Records to use:
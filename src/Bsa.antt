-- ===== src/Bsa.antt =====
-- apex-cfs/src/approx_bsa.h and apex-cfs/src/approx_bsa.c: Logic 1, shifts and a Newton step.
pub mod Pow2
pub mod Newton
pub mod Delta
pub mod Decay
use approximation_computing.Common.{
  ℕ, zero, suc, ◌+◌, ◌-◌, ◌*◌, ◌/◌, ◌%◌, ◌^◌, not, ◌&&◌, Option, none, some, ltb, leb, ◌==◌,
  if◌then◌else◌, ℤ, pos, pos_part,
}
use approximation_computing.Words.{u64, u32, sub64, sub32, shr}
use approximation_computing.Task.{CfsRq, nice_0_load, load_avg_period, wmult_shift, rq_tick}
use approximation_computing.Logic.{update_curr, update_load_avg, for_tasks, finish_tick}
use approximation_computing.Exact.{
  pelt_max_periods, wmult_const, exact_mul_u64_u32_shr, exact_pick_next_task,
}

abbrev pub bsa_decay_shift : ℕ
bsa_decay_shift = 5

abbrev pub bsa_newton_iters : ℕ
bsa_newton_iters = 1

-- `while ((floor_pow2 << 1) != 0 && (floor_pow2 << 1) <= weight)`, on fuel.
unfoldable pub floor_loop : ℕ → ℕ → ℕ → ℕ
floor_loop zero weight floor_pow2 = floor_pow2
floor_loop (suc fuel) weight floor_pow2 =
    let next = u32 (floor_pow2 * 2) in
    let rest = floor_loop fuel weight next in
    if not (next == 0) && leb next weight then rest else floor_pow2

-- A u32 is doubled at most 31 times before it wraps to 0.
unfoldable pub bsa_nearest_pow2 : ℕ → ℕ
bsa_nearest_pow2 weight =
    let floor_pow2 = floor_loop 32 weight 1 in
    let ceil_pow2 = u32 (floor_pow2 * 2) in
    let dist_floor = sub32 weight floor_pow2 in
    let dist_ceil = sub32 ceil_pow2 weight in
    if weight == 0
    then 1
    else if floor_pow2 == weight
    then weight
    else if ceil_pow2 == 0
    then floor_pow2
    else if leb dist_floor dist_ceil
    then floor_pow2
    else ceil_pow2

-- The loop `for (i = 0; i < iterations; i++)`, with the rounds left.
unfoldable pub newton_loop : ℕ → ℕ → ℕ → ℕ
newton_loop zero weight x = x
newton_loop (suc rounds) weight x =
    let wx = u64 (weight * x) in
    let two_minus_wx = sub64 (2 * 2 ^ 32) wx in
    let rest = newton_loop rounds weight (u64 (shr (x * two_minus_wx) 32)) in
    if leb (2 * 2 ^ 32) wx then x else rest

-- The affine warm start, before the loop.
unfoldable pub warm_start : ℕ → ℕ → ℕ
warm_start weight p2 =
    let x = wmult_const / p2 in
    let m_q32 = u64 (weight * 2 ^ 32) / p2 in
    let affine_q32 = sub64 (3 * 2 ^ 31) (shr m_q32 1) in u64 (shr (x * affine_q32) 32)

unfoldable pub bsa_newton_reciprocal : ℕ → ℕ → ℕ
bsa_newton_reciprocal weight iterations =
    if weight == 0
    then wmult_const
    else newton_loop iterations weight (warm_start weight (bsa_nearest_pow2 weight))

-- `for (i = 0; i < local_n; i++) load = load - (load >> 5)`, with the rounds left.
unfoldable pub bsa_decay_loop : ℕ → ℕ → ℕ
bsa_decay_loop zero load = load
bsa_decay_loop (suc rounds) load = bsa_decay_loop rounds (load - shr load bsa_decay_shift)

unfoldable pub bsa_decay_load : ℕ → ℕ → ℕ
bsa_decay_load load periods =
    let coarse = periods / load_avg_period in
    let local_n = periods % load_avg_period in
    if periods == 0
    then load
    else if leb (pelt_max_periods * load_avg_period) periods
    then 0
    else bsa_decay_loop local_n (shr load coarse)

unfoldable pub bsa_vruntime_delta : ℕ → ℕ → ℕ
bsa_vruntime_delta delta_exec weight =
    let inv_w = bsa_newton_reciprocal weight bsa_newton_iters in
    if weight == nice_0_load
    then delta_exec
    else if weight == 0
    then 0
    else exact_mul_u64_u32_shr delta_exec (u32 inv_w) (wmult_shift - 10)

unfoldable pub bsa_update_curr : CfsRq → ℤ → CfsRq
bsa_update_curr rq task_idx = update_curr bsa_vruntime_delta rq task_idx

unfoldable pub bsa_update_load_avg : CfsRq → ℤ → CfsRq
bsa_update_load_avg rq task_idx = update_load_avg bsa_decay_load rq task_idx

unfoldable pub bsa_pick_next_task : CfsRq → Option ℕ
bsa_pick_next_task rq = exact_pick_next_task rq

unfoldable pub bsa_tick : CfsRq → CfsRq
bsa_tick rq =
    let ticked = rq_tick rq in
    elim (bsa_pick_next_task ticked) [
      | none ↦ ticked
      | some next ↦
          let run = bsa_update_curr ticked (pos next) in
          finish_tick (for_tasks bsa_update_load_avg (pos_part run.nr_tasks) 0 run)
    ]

Problem: Search the preceding listing for "abbrev" and extract every line where it is found.

Solution for this exercise:
abbrev pub bsa_decay_shift : ℕ
abbrev pub bsa_newton_iters : ℕ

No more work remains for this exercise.